Please repeat the records below exactly, from the first line through the line containing "-- The guard of every numeric operation.", and nothing more.

THE DATA below:

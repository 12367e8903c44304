-- ===== src/Tree/Numeric.antt =====
-- The numeric tree refines a finite map from 32-bit keys to values.
use okscada.Prelude.{
  ℕ, ◌+◌, ◌%◌, ◌^◌, ◌<◌, ◌≡◌, refl, ◌∙◌, ap, ◌≢◌, inl, inr, true, false, not, ◌||◌, Option, none,
  some, length, arith, ◌==◌, if◌then◌else◌, ==_false, ==_refl, Option-cases, Bool-cases, ltb,
}
use native.Mathlib.Decide.{ℕ_discrete, dec_lt}
use okscada.Tree.{
  Tree, descend, num_probe, num_root, numeric_fence, tree_num_find, num_append, num_branch_insert,
  settle, ushort_mod, array_growth,
}
use okscada.Tree.Walk.{TreeNode, node, Outcome, hit, miss, lost, found, nchars, no_links}
use okscada.Tree.Insert.{IsSound, Inserted, descend-Matches, insert_at-Inserted}
use okscada.Tree.Walk.Append.{appended, appended-Extends}

-- The value of the node that a search found.
abbrev pub value : Tree → Option ℕ → Option ℕ
value t none = none
value t (some i) = some (node t.e_arr i).val

-- The map that a numeric tree stands for.
unfoldable pub num_lookup : Tree → ℕ → Option ℕ
num_lookup t key = value t (found (descend (num_probe key) t (num_root key)))

pub record IsNumeric (t : Tree) : Type 0 where
  pub sound : IsSound t
  pub numeric : t.fence ≡ numeric_fence
  pub good : t.bad ≡ false
  pub keys : (i : ℕ) → 0 < i → i < length t.e_arr → (node t.e_arr i).key < 2 ^ 32

num_probe_self : (key len : ℕ) → num_probe key key len ≡ 0
num_probe_self key len = omega arith

num_probe_ne : (key j len : ℕ) → key < 2 ^ 32 → j < 2 ^ 32 → j ≢ key → num_probe j key len ≢ 0
num_probe_ne key j len h l ne = omega arith

value-settle : (t : Tree) (w : Outcome) → (settle t w).1 ≡ value t (found w)
value-settle t (hit i lev) = refl
value-settle t (miss pno k lev) = refl
value-settle t lost = refl

-- The guard of every numeric operation.
pub guard-IsNumeric : (t : Tree) → IsNumeric t → (t.bad || not (t.fence == numeric_fence)) ≡ false
guard-IsNumeric t v = ground (arith, v.good, v.numeric)

pub tree_num_find_lem :
    (t : Tree) (key : ℕ) → IsNumeric t → (tree_num_find t key).1 ≡ num_lookup t key
unfolding num_lookup tree_num_find
tree_num_find_lem t key v =
    rw (guard-IsNumeric t v) (value-settle t (descend (num_probe key) t (num_root key)))

-- A search that the new node does not match keeps its value, too.
pub value-Inserted :
    (q : ℕ → ℕ → ℕ) (t u : Tree) (slot : ℕ) (n : TreeNode) (probe : ℕ → ℕ → ℕ) (s : ℕ)
    → IsSound t
    → s < nchars
    → Inserted probe t u slot n
    → q n.key n.len ≢ 0
    → value u (found (descend q u s)) ≡ value t (found (descend q t s))
value-Inserted q t u slot n probe s v m x ne = elim (Option-cases (found (descend q t s))) [
  | inl e ↦ rw (x.others q s m ne, e)
  | inr (j, e) ↦
      let (a, b, _) = descend-Matches q t s j v m e in
      rw (x.others q s m ne, e) (ap some (x.extends.same_val j a b))
]

-- `u` is `t` with one more key, or with another value for it.
pub record Updated (t u : Tree) (key v : ℕ) : Type 0 where
  pub numeric : IsNumeric u
  pub lookups :
      (j : ℕ) → j < 2 ^ 32 → num_lookup u j ≡ (if j == key then some v else num_lookup t j)

keys-Inserted :
    (t u : Tree) (slot : ℕ) (n : TreeNode) (probe : ℕ → ℕ → ℕ)
    → IsNumeric t
    → Inserted probe t u slot n
    → n.key < 2 ^ 32
    → (i : ℕ) → 0 < i
    → i < length u.e_arr
    → (node u.e_arr i).key < 2 ^ 32
keys-Inserted t u slot n probe v x h i a b = elim (dec_lt i (length t.e_arr)) [
  | yes l ↦ rw (x.extends.same_key i a l) (v.keys i a l)
  | no g ↦ let e : i ≡ length t.e_arr = omega (arith, x.extends.size) in rw (e, x.extends.last) h
]

Inserted-Updated :
    (t u : Tree) (n : TreeNode)
    → IsNumeric t
    → n.key < 2 ^ 32
    → Inserted (num_probe n.key) t u (num_root n.key) n
    → Updated t u n.key n.val
unfolding num_lookup
Inserted-Updated t u n v h x = record {
  numeric = record {
    sound = x.sound;
    numeric = x.same_fence ∙ v.numeric;
    good = x.same_bad ∙ v.good;
    keys = keys-Inserted t u (num_root n.key) n (num_probe n.key) v x h;
  };
  lookups = λ j l. elim (ℕ_discrete j n.key) [
    | yes e ↦ rw (e, ==_refl n.key, x.self) (ap (λ m. some m.val) x.extends.last)
    | no ne ↦ rw (==_false j n.key ne) (
        value-Inserted (num_probe j) t u (num_root n.key) n (num_probe n.key) (num_root j) v.sound
          (omega arith) x (num_probe_ne n.key j n.len h l ne))
  ];
}

-- The allocation limit and the depth statistics are no part of the map.
unfoldable pub sized : Tree → ℕ → ℕ → Tree
sized t l m = record t { e_lim = l; max_lev = m }

pub sized-IsNumeric : (t : Tree) (l m : ℕ) → IsNumeric t → IsNumeric (sized t l m)
unfolding sized
sized-IsNumeric t l m v = record {
  sound = record { up = v.sound.up; root_size = v.sound.root_size; roots = v.sound.roots };
  numeric = v.numeric;
  good = v.good;
  keys = v.keys;
}

pub sized-Updated : (t u : Tree) (l m key v : ℕ) → Updated (sized t l m) u key v → Updated t u key v
unfolding num_lookup sized
sized-Updated t u l m key v x = record { numeric = x.numeric; lookups = x.lookups }

pub value-none : (t : Tree) (o : Option ℕ) → value t o ≡ none → o ≡ none
value-none t none e = refl
value-none t (some i) e = cc

pub insert_guard : (t : Tree) (i : ℕ) → i ≢ 0 → t.bad ≡ false → (i == 0 || t.bad) ≡ false
insert_guard t i nz good = ground arith

num_branch_insert-Updated :
    (t : Tree) (n : TreeNode)
    → IsNumeric t
    → n.link ≡ no_links
    → n.key < 2 ^ 32
    → length t.e_arr < ushort_mod
    → num_lookup t n.key ≡ none
    → let (u, rc) =
        num_branch_insert (record t { e_arr = appended t.e_arr n }) (length t.e_arr % ushort_mod) in
      Updated t u n.key n.val × (rc ≡ true)
unfolding num_lookup num_branch_insert
num_branch_insert-Updated t n w f h room e =
    let pos = w.sound.up.nonempty in
    let small : length t.e_arr % ushort_mod ≡ length t.e_arr = omega arith in
    let (x, ok) =
      insert_at-Inserted t n w.sound f (num_root n.key) (omega arith) (num_probe n.key)
        (num_probe_self n.key n.len)
        (value-none t (found (descend (num_probe n.key) t (num_root n.key))) e) in
    rw
      (
        small,
        insert_guard t (length t.e_arr) (omega arith) w.good,
        (appended-Extends t.e_arr n f).last,
      )
      (Inserted-Updated t _ n w h x, ok)

-- A fresh node for a key that the tree lacks, while a `ushort_t` can number it.
pub num_append-Updated :
    (t : Tree) (key v : ℕ)
    → IsNumeric t
    → key < 2 ^ 32
    → length t.e_arr < ushort_mod
    → num_lookup t key ≡ none
    → let (u, rc) = num_append true t key v in Updated t u key v × (rc ≡ true)
unfolding num_append sized num_lookup
num_append-Updated t key v w h room e = elim (Bool-cases (ltb (length t.e_arr) t.e_lim)) [
  | inl fits ↦ rw (fits, num_append) (num_branch_insert-Updated t n w refl h room e)
  | inr full ↦
      rw (full, num_append)
        (let r =
            num_branch_insert-Updated (sized t (t.e_lim + array_growth) t.max_lev) n
              (sized-IsNumeric t _ _ w) refl h room e in
          (sized-Updated t _ _ _ key v r.0, r.1))
]
  where
    n : TreeNode
    n = record { val = v; key = key; len = 0; link = no_links }

-- A search changes nothing but the depth statistics.
settle-sized :
    (t : Tree) (w : Outcome) → (m : ℕ) × (settle t w ≡ (sized t t.e_lim m, value t (found w)))
unfolding sized
settle-sized t (hit i lev) = (if ltb t.max_lev lev then lev else t.max_lev, refl)
settle-sized t (miss pno k lev) = (if ltb t.max_lev lev then lev else t.max_lev, refl)
settle-sized t lost = (t.max_lev, refl)

pub find-sized :
    (t : Tree) (key : ℕ)
    → IsNumeric t
    → (m : ℕ) × (tree_num_find t key ≡ (sized t t.e_lim m, num_lookup t key))
unfolding num_lookup tree_num_find
find-sized t key v =
    rw (guard-IsNumeric t v) (settle-sized t (descend (num_probe key) t (num_root key)))

pub num_lookup-sized : (t : Tree) (l m j : ℕ) → num_lookup (sized t l m) j ≡ num_lookup t j
unfolding num_lookup sized
num_lookup-sized t l m j = refl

End of THE DATA.

● WRITTEN RESPONSE:
repository 12367e8903c44304
-- ===== src/Tree/Numeric.antt =====
-- The numeric tree refines a finite map from 32-bit keys to values.
use okscada.Prelude.{
  ℕ, ◌+◌, ◌%◌, ◌^◌, ◌<◌, ◌≡◌, refl, ◌∙◌, ap, ◌≢◌, inl, inr, true, false, not, ◌||◌, Option, none,
  some, length, arith, ◌==◌, if◌then◌else◌, ==_false, ==_refl, Option-cases, Bool-cases, ltb,
}
use native.Mathlib.Decide.{ℕ_discrete, dec_lt}
use okscada.Tree.{
  Tree, descend, num_probe, num_root, numeric_fence, tree_num_find, num_append, num_branch_insert,
  settle, ushort_mod, array_growth,
}
use okscada.Tree.Walk.{TreeNode, node, Outcome, hit, miss, lost, found, nchars, no_links}
use okscada.Tree.Insert.{IsSound, Inserted, descend-Matches, insert_at-Inserted}
use okscada.Tree.Walk.Append.{appended, appended-Extends}

-- The value of the node that a search found.
abbrev pub value : Tree → Option ℕ → Option ℕ
value t none = none
value t (some i) = some (node t.e_arr i).val

-- The map that a numeric tree stands for.
unfoldable pub num_lookup : Tree → ℕ → Option ℕ
num_lookup t key = value t (found (descend (num_probe key) t (num_root key)))

pub record IsNumeric (t : Tree) : Type 0 where
  pub sound : IsSound t
  pub numeric : t.fence ≡ numeric_fence
  pub good : t.bad ≡ false
  pub keys : (i : ℕ) → 0 < i → i < length t.e_arr → (node t.e_arr i).key < 2 ^ 32

num_probe_self : (key len : ℕ) → num_probe key key len ≡ 0
num_probe_self key len = omega arith

num_probe_ne : (key j len : ℕ) → key < 2 ^ 32 → j < 2 ^ 32 → j ≢ key → num_probe j key len ≢ 0
num_probe_ne key j len h l ne = omega arith

value-settle : (t : Tree) (w : Outcome) → (settle t w).1 ≡ value t (found w)
value-settle t (hit i lev) = refl
value-settle t (miss pno k lev) = refl
value-settle t lost = refl

-- The guard of every numeric operation.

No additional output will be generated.